[Stored items]
--- --- ---

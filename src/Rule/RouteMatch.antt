-- ===== src/Rule/RouteMatch.antt =====
-- ServiceRouteRule::RouteMatch of polaris/model/service_route_rule.cpp: the callee's inbound rules,
-- then the caller's outbound rules. A matched RouteRuleBound* is its index in its list.
pub mod First
use polaris_cpp.Base.{
  ℕ, suc, Bool, true, false, Option, none, some, List, [], ◌∷◌, if◌then◌else◌, not, String,
}
use polaris_cpp.Router.Instances.{is_empty}
use polaris_cpp.Rule.MatchString.{Re2}
use polaris_cpp.Rule.Source.{ServiceKey, ServiceInfo}
use polaris_cpp.Rule.RouteRule.{RouteRule, rule_match_source}

-- The result of RouteMatch, and the arguments it sets.
pub record Matched : Type 0 where
  pub found : Bool
  pub matched_route : Option ℕ
  pub match_outbounds : Bool
  pub parameters : String

module _ (re : Re2) (source_service_info : Option ServiceInfo) (dst_service : ServiceKey) where
  -- The loop over one list: the index of the first rule that matches.
  unfoldable pub bound_loop : List RouteRule → ℕ → String → Option ℕ × String
  unfolding rule_match_source
  bound_loop [] i parameters = (none, parameters)
  bound_loop (rule ∷ rules) i parameters =
      let r = rule_match_source re rule source_service_info dst_service parameters in
      let rest = bound_loop rules (suc i) r.1 in if r.0 then (some i, r.1) else rest

  -- `src_route_rule` is `none` for a null pointer.
  unfoldable pub route_match : List RouteRule → Option (List RouteRule) → Bool → String → Matched
  unfolding bound_loop
  route_match inbounds src_route_rule match_outbounds parameters =
      let in_ = bound_loop inbounds 0 parameters in
      elim (in_.0) [
        | some i ↦ record {
          found = true;
          matched_route = some i;
          match_outbounds = false;
          parameters = in_.1;
        }
        | none ↦
            let fail : Bool → String → Matched = λ found p. record {
              found = found;
              matched_route = none;
              match_outbounds = match_outbounds;
              parameters = p;
            } in
            if not (is_empty inbounds) then fail false in_.1 else elim src_route_rule [
              | none ↦ fail true in_.1
              | some outbounds ↦
                  let out = bound_loop outbounds 0 in_.1 in
                  elim (out.0) [
                    | some i ↦ record {
                      found = true;
                      matched_route = some i;
                      match_outbounds = true;
                      parameters = out.1;
                    }
                    | none ↦ if not (is_empty outbounds) then fail false out.1 else fail true out.1
                  ]
            ]
      ]
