-- ===== src/Rule/RouteMatch/First.antt =====
-- Which rule RouteMatch of polaris/model/service_route_rule.cpp takes.
use polaris_cpp.Base.{
  ℕ, zero, suc, ◌+◌, Bool, true, false, Option, none, some, List, [], ◌∷◌, if◌then◌else◌, ◌≡◌, ◌≢◌,
  ◌⊎◌, refl, sym, ap, ◌∙◌, arith, inl, inr, Bool-cases, String,
}
use polaris_cpp.Rule.MatchString.{Re2, Metadata, map_match_collect}
use polaris_cpp.Rule.Source.{ServiceKey, ServiceInfo, RouteRuleSource, match_source}
use polaris_cpp.Rule.RouteRule.{RouteRule, rule_match_source, match_sources}
use polaris_cpp.Rule.RouteMatch.{Matched, bound_loop, route_match}

picked_same :
    (a b c d : Bool × String)
    → a.0 ≡ b.0
    → c.0 ≡ d.0
    → (if a.0 then a else c).0 ≡ (if b.0 then b else d).0
picked_same (true, x) (true, y) c d e f = refl
picked_same (true, x) (false, y) c d e f = cc
picked_same (false, x) (true, y) c d e f = cc
picked_same (false, x) (false, y) c d e f = f

module _ (re : Re2) where
  match_source_any :
      (s : RouteRuleSource) (a b : ServiceKey) (metadata : Metadata) (p q : String)
      → (match_source re s a b metadata p).0 ≡ (match_source re s a b metadata q).0
  unfolding match_source map_match_collect
  match_source_any s a b metadata p q = ground arith

  match_sources_any :
      (info : ServiceInfo) (dst_service : ServiceKey) (ss : List RouteRuleSource) (p q : String)
      → (match_sources re info dst_service ss p).0 ≡ (match_sources re info dst_service ss q).0
  unfolding match_sources
  match_sources_any info dst_service [] p q = refl
  match_sources_any info dst_service (s ∷ ss) p q =
      let at : String → Bool × String =
        match_source re s info.service_key_ dst_service info.metadata_ in
      picked_same (at p) (at q) (match_sources re info dst_service ss (at p).1)
        (match_sources re info dst_service ss (at q).1)
        (match_source_any s info.service_key_ dst_service info.metadata_ p q)
        (match_sources_any info dst_service ss (at p).1 (at q).1)

  -- What a rule finds of the parameters before does not bear on whether it matches.
  rule_match_source_any :
      (rule : RouteRule) (info : Option ServiceInfo) (dst_service : ServiceKey) (p q : String)
      → (rule_match_source re rule info dst_service p).0
        ≡ (rule_match_source re rule info dst_service q).0
  unfolding rule_match_source
  rule_match_source_any rule none dst_service p q = ground arith
  rule_match_source_any rule (some info) dst_service p q =
      ground (arith, match_sources_any info dst_service rule.sources_ p q)

module _ (re : Re2) (info : Option ServiceInfo) (dst_service : ServiceKey) where
  -- Whether a rule matches the request.
  abbrev pub matches : RouteRule → Bool
  matches rule = (rule_match_source re rule info dst_service []).0

  -- The index is that of the first rule that matches.
  abbrev pub IsFirst : ℕ → List RouteRule → Type 0
  IsFirst i [] = ⊥
  IsFirst zero (rule ∷ rules) = matches rule ≡ true
  IsFirst (suc i) (rule ∷ rules) = (matches rule ≡ false) × IsFirst i rules

  abbrev pub NoneMatch : List RouteRule → Type 0
  NoneMatch [] = Unit {0}
  NoneMatch (rule ∷ rules) = (matches rule ≡ false) × NoneMatch rules

  -- What RouteMatch should do with the inbound rules and, where there are any, the outbound rules:
  -- whether it finds, which index it sets, and the flag that tells the list.
  pub data Outcome (inbounds : List RouteRule) (src : Option (List RouteRule)) (flag : Bool)
      : Bool → Option ℕ → Bool → Type 0 where
    inbound : (i : ℕ) → IsFirst i inbounds → Outcome inbounds src flag true (some i) false
    inbound_refused : inbounds ≢ [] → NoneMatch inbounds → Outcome inbounds src flag false none flag
    outbound :
        (outs : List RouteRule) (i : ℕ)
        → inbounds ≡ []
        → src ≡ some outs
        → IsFirst i outs
        → Outcome inbounds src flag true (some i) true
    outbound_refused :
        (outs : List RouteRule)
        → inbounds ≡ []
        → src ≡ some outs
        → outs ≢ []
        → NoneMatch outs
        → Outcome inbounds src flag false none flag
    no_rules :
        inbounds ≡ [] → (src ≡ none) ⊎ (src ≡ some []) → Outcome inbounds src flag true none flag

  -- The loop finds the first, and otherwise none matches.
  bound_loop-IsFirst :
      (rules : List RouteRule) (k : ℕ) (p : String)
      → (((bound_loop re info dst_service rules k p).0 ≡ none) × NoneMatch rules)
        ⊎ ((i : ℕ) × (((bound_loop re info dst_service rules k p).0 ≡ some (k + i))
              × IsFirst i rules))
  unfolding bound_loop
  bound_loop-IsFirst [] k p = inl (refl, tt)
  bound_loop-IsFirst (rule ∷ rules) k p =
      let same = rule_match_source_any re rule info dst_service p [] in
      elim (Bool-cases (rule_match_source re rule info dst_service p).0) [
        | inl e ↦ rw e (inr (0, (ground arith, sym same ∙ e)))
        | inr e ↦
            let q = (rule_match_source re rule info dst_service p).1 in
            rw e (elim (bound_loop-IsFirst rules (suc k) q) [
              | inl (n, a) ↦ inl (n, (sym same ∙ e, a))
              | inr (i, (n, f)) ↦ inr (suc i, (rw n (ground arith), (sym same ∙ e, f)))
            ])
      ]

  bound_loop_from :
      (rules : List RouteRule) (p : String)
      → (((bound_loop re info dst_service rules 0 p).0 ≡ none) × NoneMatch rules)
        ⊎ ((i : ℕ) × (((bound_loop re info dst_service rules 0 p).0 ≡ some i) × IsFirst i rules))
  bound_loop_from rules p = elim (bound_loop-IsFirst rules 0 p) [
    | inl n ↦ inl n
    | inr (i, (e, f)) ↦ let z : 0 + i ≡ i = omega arith in inr (i, (e ∙ ap some z, f))
  ]

  abbrev RouteOutcome : List RouteRule → Option (List RouteRule) → Bool → Matched → Type 0
  RouteOutcome inbounds src flag r =
      Outcome inbounds src flag r.found r.matched_route r.match_outbounds

  -- RouteMatch takes the first inbound rule of the callee that matches; it finds nothing where there
  -- are inbound rules and none matches; it takes the first outbound rule of the caller that matches
  -- where the callee has no inbound rules; it finds nothing where the caller has outbound rules and
  -- none matches; and without any rules it succeeds without one. The flag tells the list that the
  -- index is of, and is left as it was where there is no index.
  pub route_match-Outcome :
      (inbounds : List RouteRule) (src : Option (List RouteRule)) (flag : Bool) (p : String)
      → RouteOutcome inbounds src flag (route_match re info dst_service inbounds src flag p)
  unfolding route_match bound_loop
  route_match-Outcome [] none flag p = no_rules refl (inl refl)
  route_match-Outcome [] (some []) flag p = no_rules refl (inr refl)
  route_match-Outcome [] (some (o ∷ os)) flag p = elim (bound_loop_from (o ∷ os) p) [
    | inr (i, (e, f)) ↦ rw (route_match, e) (outbound (o ∷ os) i refl refl f)
    | inl (e, a) ↦ rw (route_match, e) (outbound_refused (o ∷ os) refl refl (λ q. cc) a)
  ]
  route_match-Outcome (r ∷ rs) src flag p = elim (bound_loop_from (r ∷ rs) p) [
    | inr (i, (e, f)) ↦ rw (route_match, e) (inbound i f)
    | inl (e, a) ↦ rw (route_match, e) (inbound_refused (λ q. cc) a)
  ]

--- --- ---

### TASK TO COMPLETE
Exactly reproduce the lines that run from the line with "route_match-Outcome [] none" through the last line of the records, inclusive.

### SOLUTION FOR THIS PROBLEM
  route_match-Outcome [] none flag p = no_rules refl (inl refl)
  route_match-Outcome [] (some []) flag p = no_rules refl (inr refl)
  route_match-Outcome [] (some (o ∷ os)) flag p = elim (bound_loop_from (o ∷ os) p) [
    | inr (i, (e, f)) ↦ rw (route_match, e) (outbound (o ∷ os) i refl refl f)
    | inl (e, a) ↦ rw (route_match, e) (outbound_refused (o ∷ os) refl refl (λ q. cc) a)
  ]
  route_match-Outcome (r ∷ rs) src flag p = elim (bound_loop_from (r ∷ rs) p) [
    | inr (i, (e, f)) ↦ rw (route_match, e) (inbound i f)
    | inl (e, a) ↦ rw (route_match, e) (inbound_refused (λ q. cc) a)
  ]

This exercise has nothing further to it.